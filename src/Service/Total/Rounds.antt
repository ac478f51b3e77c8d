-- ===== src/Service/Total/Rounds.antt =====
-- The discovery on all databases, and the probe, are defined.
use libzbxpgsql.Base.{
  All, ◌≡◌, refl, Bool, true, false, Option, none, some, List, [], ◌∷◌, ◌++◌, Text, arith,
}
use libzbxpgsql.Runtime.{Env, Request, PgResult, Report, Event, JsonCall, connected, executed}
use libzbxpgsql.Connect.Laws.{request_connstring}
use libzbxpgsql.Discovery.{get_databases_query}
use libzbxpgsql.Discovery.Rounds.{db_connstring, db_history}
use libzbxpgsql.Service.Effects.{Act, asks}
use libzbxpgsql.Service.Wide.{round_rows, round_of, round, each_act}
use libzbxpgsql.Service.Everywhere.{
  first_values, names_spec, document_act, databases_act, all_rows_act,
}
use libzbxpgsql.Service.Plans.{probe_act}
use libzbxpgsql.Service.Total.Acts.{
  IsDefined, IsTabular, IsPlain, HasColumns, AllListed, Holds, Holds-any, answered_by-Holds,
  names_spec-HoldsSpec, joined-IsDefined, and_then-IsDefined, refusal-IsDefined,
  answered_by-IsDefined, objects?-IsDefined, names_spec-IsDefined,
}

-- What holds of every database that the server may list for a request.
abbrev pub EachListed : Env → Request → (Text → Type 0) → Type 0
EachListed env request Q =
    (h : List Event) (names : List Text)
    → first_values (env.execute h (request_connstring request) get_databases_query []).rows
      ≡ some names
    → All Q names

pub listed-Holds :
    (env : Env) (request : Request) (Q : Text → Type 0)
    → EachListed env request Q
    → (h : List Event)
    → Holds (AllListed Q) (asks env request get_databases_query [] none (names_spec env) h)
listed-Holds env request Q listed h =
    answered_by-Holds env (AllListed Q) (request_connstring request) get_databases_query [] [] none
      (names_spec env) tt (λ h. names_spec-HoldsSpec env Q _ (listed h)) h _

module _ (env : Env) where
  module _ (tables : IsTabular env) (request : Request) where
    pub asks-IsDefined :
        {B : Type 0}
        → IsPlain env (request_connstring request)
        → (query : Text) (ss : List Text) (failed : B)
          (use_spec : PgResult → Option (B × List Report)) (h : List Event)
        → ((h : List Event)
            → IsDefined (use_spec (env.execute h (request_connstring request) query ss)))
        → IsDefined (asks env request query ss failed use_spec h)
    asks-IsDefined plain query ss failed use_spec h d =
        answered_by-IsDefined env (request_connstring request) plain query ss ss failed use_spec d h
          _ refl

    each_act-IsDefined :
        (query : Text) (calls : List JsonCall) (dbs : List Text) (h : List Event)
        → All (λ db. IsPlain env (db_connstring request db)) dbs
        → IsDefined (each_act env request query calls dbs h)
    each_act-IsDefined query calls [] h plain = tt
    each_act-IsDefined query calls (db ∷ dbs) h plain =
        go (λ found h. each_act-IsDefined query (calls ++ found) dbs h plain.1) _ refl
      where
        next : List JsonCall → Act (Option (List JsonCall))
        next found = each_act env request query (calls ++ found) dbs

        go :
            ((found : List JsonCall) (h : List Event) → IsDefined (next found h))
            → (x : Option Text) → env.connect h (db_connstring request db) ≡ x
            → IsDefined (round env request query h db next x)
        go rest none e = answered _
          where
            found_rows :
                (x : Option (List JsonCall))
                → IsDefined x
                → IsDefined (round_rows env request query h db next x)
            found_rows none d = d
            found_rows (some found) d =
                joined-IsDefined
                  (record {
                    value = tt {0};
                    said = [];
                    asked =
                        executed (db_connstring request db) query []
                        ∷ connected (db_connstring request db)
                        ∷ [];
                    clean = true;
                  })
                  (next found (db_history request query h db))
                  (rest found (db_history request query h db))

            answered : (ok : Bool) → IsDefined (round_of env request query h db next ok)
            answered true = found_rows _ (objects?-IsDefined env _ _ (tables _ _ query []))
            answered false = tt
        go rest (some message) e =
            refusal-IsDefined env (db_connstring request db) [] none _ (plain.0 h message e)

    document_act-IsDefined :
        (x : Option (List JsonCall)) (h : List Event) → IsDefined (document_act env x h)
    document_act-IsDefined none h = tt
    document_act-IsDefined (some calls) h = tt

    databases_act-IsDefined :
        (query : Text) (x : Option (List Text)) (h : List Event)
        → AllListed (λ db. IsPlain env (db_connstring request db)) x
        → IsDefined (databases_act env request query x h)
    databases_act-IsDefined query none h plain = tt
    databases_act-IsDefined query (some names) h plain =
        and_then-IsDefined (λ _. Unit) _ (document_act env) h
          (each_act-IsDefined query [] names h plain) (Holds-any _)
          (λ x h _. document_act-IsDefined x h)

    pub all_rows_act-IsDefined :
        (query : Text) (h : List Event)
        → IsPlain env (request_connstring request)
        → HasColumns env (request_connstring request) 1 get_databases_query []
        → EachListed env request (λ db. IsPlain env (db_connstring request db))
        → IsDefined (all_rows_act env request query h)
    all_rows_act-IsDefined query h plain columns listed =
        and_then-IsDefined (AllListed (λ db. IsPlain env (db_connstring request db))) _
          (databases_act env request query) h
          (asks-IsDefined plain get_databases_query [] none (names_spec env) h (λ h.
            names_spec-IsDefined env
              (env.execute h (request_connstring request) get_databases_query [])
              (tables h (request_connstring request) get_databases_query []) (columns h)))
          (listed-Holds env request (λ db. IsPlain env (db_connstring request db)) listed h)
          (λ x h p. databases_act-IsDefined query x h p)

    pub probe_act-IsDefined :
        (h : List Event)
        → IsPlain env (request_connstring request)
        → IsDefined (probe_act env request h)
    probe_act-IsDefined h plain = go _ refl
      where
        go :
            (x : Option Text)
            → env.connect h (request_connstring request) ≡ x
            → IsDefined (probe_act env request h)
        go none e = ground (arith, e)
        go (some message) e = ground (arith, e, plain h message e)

════════

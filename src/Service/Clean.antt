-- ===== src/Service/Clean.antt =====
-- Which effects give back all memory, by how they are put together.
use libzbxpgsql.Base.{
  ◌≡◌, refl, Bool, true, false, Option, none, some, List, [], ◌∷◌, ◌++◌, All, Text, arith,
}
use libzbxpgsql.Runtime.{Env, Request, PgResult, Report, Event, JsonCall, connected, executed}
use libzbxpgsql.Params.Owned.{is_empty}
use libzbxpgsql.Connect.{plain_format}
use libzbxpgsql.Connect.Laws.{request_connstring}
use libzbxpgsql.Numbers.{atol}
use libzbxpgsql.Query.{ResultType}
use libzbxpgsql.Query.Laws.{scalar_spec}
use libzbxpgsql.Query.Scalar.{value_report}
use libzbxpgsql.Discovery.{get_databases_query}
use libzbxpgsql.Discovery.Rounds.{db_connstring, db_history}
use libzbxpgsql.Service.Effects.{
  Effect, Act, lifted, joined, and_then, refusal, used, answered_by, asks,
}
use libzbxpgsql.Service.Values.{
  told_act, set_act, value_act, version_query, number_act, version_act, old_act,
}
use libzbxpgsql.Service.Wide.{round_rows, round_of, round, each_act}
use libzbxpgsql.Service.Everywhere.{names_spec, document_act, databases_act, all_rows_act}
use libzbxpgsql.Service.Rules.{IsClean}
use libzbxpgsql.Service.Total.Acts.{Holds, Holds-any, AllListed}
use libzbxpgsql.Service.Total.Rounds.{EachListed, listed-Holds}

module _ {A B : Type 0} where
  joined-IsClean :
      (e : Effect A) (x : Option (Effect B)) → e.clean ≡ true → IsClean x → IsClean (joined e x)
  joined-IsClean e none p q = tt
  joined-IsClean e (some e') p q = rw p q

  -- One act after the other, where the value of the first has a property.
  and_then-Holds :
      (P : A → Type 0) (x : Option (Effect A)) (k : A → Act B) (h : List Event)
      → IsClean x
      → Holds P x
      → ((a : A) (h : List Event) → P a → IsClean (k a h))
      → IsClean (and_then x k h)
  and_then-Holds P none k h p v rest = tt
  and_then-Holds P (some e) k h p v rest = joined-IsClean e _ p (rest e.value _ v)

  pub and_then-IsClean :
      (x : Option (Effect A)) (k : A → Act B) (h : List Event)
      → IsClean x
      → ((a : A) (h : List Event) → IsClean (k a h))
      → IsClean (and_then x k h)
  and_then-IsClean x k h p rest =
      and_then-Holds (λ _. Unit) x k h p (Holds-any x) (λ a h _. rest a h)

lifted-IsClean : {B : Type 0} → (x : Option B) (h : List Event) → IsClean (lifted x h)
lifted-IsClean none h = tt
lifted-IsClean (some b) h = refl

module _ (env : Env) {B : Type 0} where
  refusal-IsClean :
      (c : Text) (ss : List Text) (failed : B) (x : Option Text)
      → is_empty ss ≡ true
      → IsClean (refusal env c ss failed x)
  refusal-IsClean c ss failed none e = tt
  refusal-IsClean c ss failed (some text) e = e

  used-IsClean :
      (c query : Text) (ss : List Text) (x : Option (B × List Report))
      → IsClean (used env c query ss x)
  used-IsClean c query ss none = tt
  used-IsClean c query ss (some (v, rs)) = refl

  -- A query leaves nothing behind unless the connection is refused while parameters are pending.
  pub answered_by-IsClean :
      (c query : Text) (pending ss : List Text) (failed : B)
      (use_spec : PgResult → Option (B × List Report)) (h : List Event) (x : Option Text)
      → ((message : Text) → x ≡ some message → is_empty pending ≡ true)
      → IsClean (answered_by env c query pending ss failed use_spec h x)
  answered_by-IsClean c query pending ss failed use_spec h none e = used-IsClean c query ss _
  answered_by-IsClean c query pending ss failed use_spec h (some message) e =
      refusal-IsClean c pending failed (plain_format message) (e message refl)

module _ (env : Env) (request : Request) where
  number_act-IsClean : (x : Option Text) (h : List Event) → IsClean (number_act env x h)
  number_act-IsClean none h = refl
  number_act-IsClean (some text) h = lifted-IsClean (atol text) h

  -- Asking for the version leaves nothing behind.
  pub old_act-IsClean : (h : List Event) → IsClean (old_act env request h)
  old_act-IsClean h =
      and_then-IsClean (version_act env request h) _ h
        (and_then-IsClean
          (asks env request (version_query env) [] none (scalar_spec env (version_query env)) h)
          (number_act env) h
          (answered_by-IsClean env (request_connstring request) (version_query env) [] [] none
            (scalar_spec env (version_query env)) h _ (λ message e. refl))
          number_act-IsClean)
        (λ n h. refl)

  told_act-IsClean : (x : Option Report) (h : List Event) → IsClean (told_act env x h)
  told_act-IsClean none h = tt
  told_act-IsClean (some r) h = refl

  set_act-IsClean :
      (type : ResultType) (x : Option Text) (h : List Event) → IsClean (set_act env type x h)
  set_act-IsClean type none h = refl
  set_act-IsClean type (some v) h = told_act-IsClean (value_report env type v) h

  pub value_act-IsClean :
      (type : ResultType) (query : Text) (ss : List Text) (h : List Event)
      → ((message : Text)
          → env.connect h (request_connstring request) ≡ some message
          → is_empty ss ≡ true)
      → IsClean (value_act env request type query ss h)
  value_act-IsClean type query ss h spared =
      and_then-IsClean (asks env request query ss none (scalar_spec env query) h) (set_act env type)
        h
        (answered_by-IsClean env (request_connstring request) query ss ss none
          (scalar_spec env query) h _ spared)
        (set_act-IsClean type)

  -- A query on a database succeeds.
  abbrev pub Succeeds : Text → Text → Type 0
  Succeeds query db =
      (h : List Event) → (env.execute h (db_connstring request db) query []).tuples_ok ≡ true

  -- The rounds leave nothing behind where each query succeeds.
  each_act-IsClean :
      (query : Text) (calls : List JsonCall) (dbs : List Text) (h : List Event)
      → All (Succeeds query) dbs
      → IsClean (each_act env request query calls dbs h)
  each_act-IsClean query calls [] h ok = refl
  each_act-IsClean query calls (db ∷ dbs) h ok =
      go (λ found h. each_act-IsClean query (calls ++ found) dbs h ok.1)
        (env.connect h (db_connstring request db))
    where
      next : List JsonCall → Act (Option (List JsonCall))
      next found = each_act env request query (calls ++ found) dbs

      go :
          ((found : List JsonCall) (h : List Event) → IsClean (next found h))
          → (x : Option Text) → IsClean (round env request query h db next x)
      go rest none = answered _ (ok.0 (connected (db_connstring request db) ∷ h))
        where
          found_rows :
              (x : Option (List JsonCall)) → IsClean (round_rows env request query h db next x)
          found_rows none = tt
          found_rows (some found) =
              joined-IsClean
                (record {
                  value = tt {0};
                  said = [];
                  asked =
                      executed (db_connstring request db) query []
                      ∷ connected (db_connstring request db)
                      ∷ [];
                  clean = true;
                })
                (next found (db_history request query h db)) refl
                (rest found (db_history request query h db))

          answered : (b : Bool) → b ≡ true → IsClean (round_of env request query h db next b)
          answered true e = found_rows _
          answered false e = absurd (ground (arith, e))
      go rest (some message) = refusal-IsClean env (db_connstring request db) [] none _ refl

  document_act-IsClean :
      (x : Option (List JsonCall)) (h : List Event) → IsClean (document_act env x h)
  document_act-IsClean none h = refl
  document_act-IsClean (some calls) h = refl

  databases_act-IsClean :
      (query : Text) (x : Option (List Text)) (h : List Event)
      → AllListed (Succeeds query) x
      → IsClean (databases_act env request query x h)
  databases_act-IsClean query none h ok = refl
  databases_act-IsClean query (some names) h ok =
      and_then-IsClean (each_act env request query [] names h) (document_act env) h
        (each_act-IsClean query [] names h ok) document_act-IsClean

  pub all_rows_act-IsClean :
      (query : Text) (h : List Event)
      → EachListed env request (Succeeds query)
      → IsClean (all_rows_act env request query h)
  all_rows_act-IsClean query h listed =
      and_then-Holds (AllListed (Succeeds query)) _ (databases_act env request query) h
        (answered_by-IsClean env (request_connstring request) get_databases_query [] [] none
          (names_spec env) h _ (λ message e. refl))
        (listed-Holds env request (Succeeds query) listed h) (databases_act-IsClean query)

════════

Problem description: The expected output is exactly the lines of the listing above between the line holding "and_then-IsDefined (λ _." and the line holding "go (some message)", inclusive.

Answer:
        and_then-IsDefined (λ _. Unit) _ (document_act env) h
          (each_act-IsDefined query [] names h plain) (Holds-any _)
          (λ x h _. document_act-IsDefined x h)

    pub all_rows_act-IsDefined :
        (query : Text) (h : List Event)
        → IsPlain env (request_connstring request)
        → HasColumns env (request_connstring request) 1 get_databases_query []
        → EachListed env request (λ db. IsPlain env (db_connstring request db))
        → IsDefined (all_rows_act env request query h)
    all_rows_act-IsDefined query h plain columns listed =
        and_then-IsDefined (AllListed (λ db. IsPlain env (db_connstring request db))) _
          (databases_act env request query) h
          (asks-IsDefined plain get_databases_query [] none (names_spec env) h (λ h.
            names_spec-IsDefined env
              (env.execute h (request_connstring request) get_databases_query [])
              (tables h (request_connstring request) get_databases_query []) (columns h)))
          (listed-Holds env request (λ db. IsPlain env (db_connstring request db)) listed h)
          (λ x h p. databases_act-IsDefined query x h p)

    pub probe_act-IsDefined :
        (h : List Event)
        → IsPlain env (request_connstring request)
        → IsDefined (probe_act env request h)
    probe_act-IsDefined h plain = go _ refl
      where
        go :
            (x : Option Text)
            → env.connect h (request_connstring request) ≡ x
            → IsDefined (probe_act env request h)
        go none e = ground (arith, e)
        go (some message) e = ground (arith, e, plain h message e)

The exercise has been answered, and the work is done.